[Task input]
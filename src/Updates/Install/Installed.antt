-- ===== src/Updates/Install/Installed.antt =====
-- What a successful installation puts in place, against a reference that writes the payload down.
use stumpfworks_identity.Base.{
  ℕ, ◌≡◌, refl, sym, ap, subst, ◌∙◌, ◌≢◌, inl, inr, Bool, true, false, Option, none, some, List, [],
  ◌∷◌, arith, Text, All, Result-cases, Bool-cases, Option-cases, ok, ◌>>=◌, >>=-eq-ok,
}
use stumpfworks_identity.Updates.Install.{
  StagedComponent, StagePlan, Content, Files, Call, Machine, Hashing, Ready, set_target,
  prepare_one, prepare_all, install_one, install_all, health,
}
use stumpfworks_identity.Updates.Install.Rollback.{
  create_rollback, publish, save_files, restore_rollback, installed, after_restoration,
  rollback_install_failure, finish_install, prepared_components, apply_ready, apply_plan,
  begin_transaction, write_update_transaction, checked_plan, install_plan, install_staged,
}
use stumpfworks_identity.Updates.Install.Restored.{prepare_one-ok, install_one-ok}
use stumpfworks_identity.Updates.Install.Outcome.{begin-keeps, create-ok}

abbrev pub new_content : StagedComponent → Text → Content
new_content c bytes = record { bytes = bytes; mode = c.mode }

abbrev pub payload_content : (Text → Option Text) → StagedComponent → Option Content
payload_content payload c = elim (payload c.component) [
  | none ↦ none
  | some bytes ↦ some (new_content c bytes)
]

-- The reference: every component's payload at its target, in the order of the plan.
unfoldable pub laid_out : (Text → Option Text) → List StagedComponent → Files → Files
laid_out payload [] files = files
laid_out payload (c ∷ cs) files =
    laid_out payload cs (set_target c.target (payload_content payload c) files)

-- The payload of the component is there, with the hash of the plan.
abbrev pub Verified : Hashing → (Text → Option Text) → StagedComponent → Type 0
Verified x payload c =
    (bytes : Text) × (payload c.component ≡ some bytes)
    × (x.equal_fold (x.digest bytes) c.sha256 ≡ true)

module _ (x : Hashing) (fails : Call → Bool) where
  installs-laid :
      (payload : Text → Option Text) (c : StagedComponent) (cs : List StagedComponent) (one : Ready)
      (rest : List Ready) (files : Files)
      → payload c.component ≡ some one.content.bytes
      → one.staged ≡ c
      → ((next : Files)
          → (install_all x fails rest next).1 ≡ true
          → (install_all x fails rest next).0 ≡ laid_out payload cs next)
      → (install_all x fails (one ∷ rest) files).1 ≡ true
      → (install_all x fails (one ∷ rest) files).0 ≡ laid_out payload (c ∷ cs) files
  unfolding install_all laid_out
  installs-laid payload c cs one rest files there named laid done =
      elim (Result-cases (install_one x fails one files)) [
        | inr (e, u) ↦ absurd (ground (arith, u))
        | inl (next, u) ↦
            let put : next ≡ set_target c.target (some (new_content c one.content.bytes)) files =
              install_one-ok x fails one files next u ∙ rw named refl in
            let written : payload_content payload c ≡ some (new_content c one.content.bytes) =
              ground (arith, there) in
            rw (u, install_all)
              (laid next (rw (u, install_all) at done)
                ∙ ap (laid_out payload cs)
                    (put ∙ ap (λ k. set_target c.target k files) (sym written)))
      ]

  prepare_all-Verified :
      (m : Machine) (cs : List StagedComponent) (rs : List Ready)
      → prepare_all x fails m cs ≡ ok rs
      → All (Verified x m.payload) cs
        × ((files : Files)
            → (install_all x fails rs files).1 ≡ true
            → (install_all x fails rs files).0 ≡ laid_out m.payload cs files)
  unfolding prepare_all install_all laid_out
  prepare_all-Verified m [] rs h =
      let same : rs ≡ [] = ground arith in (tt, λ files done. rw same refl)
  prepare_all-Verified m (c ∷ cs) rs h =
      let (one, w, more) =
        >>=-eq-ok (prepare_one x fails m c)
          (λ one. prepare_all x fails m cs >>= λ rest. ok (one ∷ rest)) rs h in
      let (rest, v, last) =
        >>=-eq-ok (prepare_all x fails m cs) (λ rest. ok (one ∷ rest)) rs more in
      let same : rs ≡ one ∷ rest = ground arith in
      let (named, there, moded, hashed) = prepare_one-ok x fails m c one w in
      let (all_verified, laid) = prepare_all-Verified m cs rest v in
      (
        ((one.content.bytes, there, hashed), all_verified),
        λ files done.
            rw same
              (installs-laid m.payload c cs one rest files there named laid (rw same at done)),
      )

module _ (x : Hashing) (fails : Call → Bool) (tracked : Bool) where
  after-fails :
      (m : Machine) (restored : Bool)
      → (after_restoration fails tracked (m, restored)).1 ≢ installed
  unfolding after_restoration
  after-fails m true h = ground arith
  after-fails m false h = ground arith

  rollback-fails : (m : Machine) → (rollback_install_failure x fails tracked m).1 ≢ installed
  unfolding rollback_install_failure
  rollback-fails m h =
      let restored = restore_rollback x fails m in after-fails restored.0 restored.1 h

  finish-installed :
      (m : Machine)
      → (finish_install x fails tracked m).1 ≡ installed
      → (fails health ≡ false) × ((finish_install x fails tracked m).0.targets ≡ m.targets)
  unfolding finish_install
  finish-installed m h = let failed = rollback-fails m in (ground arith, ground arith)

  apply-installed :
      (plan : StagePlan) (m : Machine)
      → (apply_plan x fails tracked plan m).1 ≡ installed
      → (fails health ≡ false)
        × All (Verified x m.payload) plan.components
        × ((apply_plan x fails tracked plan m).0.targets
            ≡ laid_out m.payload plan.components m.targets)
  unfolding apply_plan prepared_components apply_ready
  apply-installed plan m h = elim (Result-cases (prepared_components x fails plan m)) [
    | inr (e, w) ↦ absurd (rollback-fails m (rw (w, apply_plan) at h))
    | inl (ready, w) ↦
        let prepared : prepare_all x fails m plan.components ≡ ok ready = ground (arith, w) in
        let (verified, laid) = prepare_all-Verified x fails m plan.components ready prepared in
        let after = record m { targets = (install_all x fails ready m.targets).0 } in
        elim (Bool-cases (install_all x fails ready m.targets).1) [
          | inr e ↦ absurd (rollback-fails after (rw (w, e, apply_plan, apply_ready) at h))
          | inl e ↦
              let (healthy, left) =
                finish-installed after (rw (w, e, apply_plan, apply_ready) at h) in
              (healthy, verified, rw (w, e, apply_plan, apply_ready) (left ∙ laid m.targets e))
        ]
  ]

  begin-payload :
      (plan : StagePlan) (now : ℕ) (m : Machine)
      → (begin_transaction fails tracked plan now m).0.payload ≡ m.payload
  unfolding begin_transaction write_update_transaction
  begin-payload plan now m = ground arith

  create-payload :
      (plan : StagePlan) (m : Machine) → (create_rollback x fails plan m).0.payload ≡ m.payload
  unfolding create_rollback publish
  create-payload plan m = elim (Option-cases m.snapshot) [
    | inr (old, w) ↦ ground (arith, w)
    | inl w ↦ elim (Result-cases (save_files x fails m.targets [] plan.components)) [
      | inr (e, v) ↦ ground (arith, w, v)
      | inl (files, v) ↦ ground (arith, w, v)
    ]
  ]

  plan-installed :
      (now : ℕ) (plan : StagePlan) (m : Machine)
      → (install_plan x fails tracked now plan m).1 ≡ installed
      → (fails health ≡ false)
        × All (Verified x m.payload) plan.components
        × ((install_plan x fails tracked now plan m).0.targets
            ≡ laid_out m.payload plan.components m.targets)
  unfolding install_plan
  plan-installed now plan m h =
      let created = (create_rollback x fails plan m).0 in
      let begun = begin_transaction fails tracked plan now created in
      let (same, _) = begin-keeps x fails tracked plan now created in
      let kept = same ∙ create-ok x fails tracked plan m in
      let carried = begin-payload plan now created ∙ create-payload plan m in
      elim (Result-cases (create_rollback x fails plan m).1) [
        | inr (e, w) ↦ absurd (ground (arith, w))
        | inl (u, w) ↦ elim (Bool-cases begun.1) [
          | inr v ↦ absurd (ground (arith, w, v))
          | inl v ↦
              let (healthy, verified, laid) =
                apply-installed plan begun.0 (rw (w, v, install_plan) at h) in
              (
                healthy,
                subst (λ p. All (Verified x p) plan.components) carried verified,
                rw (w, v, install_plan)
                    (laid
                      ∙ ap (λ p. laid_out p plan.components begun.0.targets) carried
                      ∙ ap (laid_out m.payload plan.components) kept),
              )
        ]
      ]

-- An installation that succeeds had a plan that passed its checks and a payload with the hashes of
-- the plan, passed the health check, and leaves exactly the files that writing every component's
-- payload to its target gives.
pub install_installed :
    (x : Hashing) (fails : Call → Bool) (tracked allow_lightdm : Bool) (now : ℕ)
    (decoded : Option StagePlan) (m : Machine)
    → (install_staged x fails tracked allow_lightdm now decoded m).1 ≡ installed
    → (plan : StagePlan) × (checked_plan x fails allow_lightdm decoded m ≡ ok plan)
      × (fails health ≡ false)
      × All (Verified x m.payload) plan.components
      × ((install_staged x fails tracked allow_lightdm now decoded m).0.targets
          ≡ laid_out m.payload plan.components m.targets)
unfolding install_staged
install_installed x fails tracked allow_lightdm now decoded m h =
    elim (Result-cases (checked_plan x fails allow_lightdm decoded m)) [
      | inr (e, w) ↦ absurd (ground (arith, w))
      | inl (plan, w) ↦
          let (healthy, verified, laid) =
            plan-installed x fails tracked now plan m (rw (w, install_staged) at h) in
          (plan, w, healthy, verified, rw (w, install_staged) laid)
    ]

[Exercise goal]
The lines above from the one containing "(m : Machine) (restored : Bool)" through the one containing "unfolding finish_install" are to be set down exactly, and no others.

[Solution]
      (m : Machine) (restored : Bool)
      → (after_restoration fails tracked (m, restored)).1 ≢ installed
  unfolding after_restoration
  after-fails m true h = ground arith
  after-fails m false h = ground arith

  rollback-fails : (m : Machine) → (rollback_install_failure x fails tracked m).1 ≢ installed
  unfolding rollback_install_failure
  rollback-fails m h =
      let restored = restore_rollback x fails m in after-fails restored.0 restored.1 h

  finish-installed :
      (m : Machine)
      → (finish_install x fails tracked m).1 ≡ installed
      → (fails health ≡ false) × ((finish_install x fails tracked m).0.targets ≡ m.targets)
  unfolding finish_install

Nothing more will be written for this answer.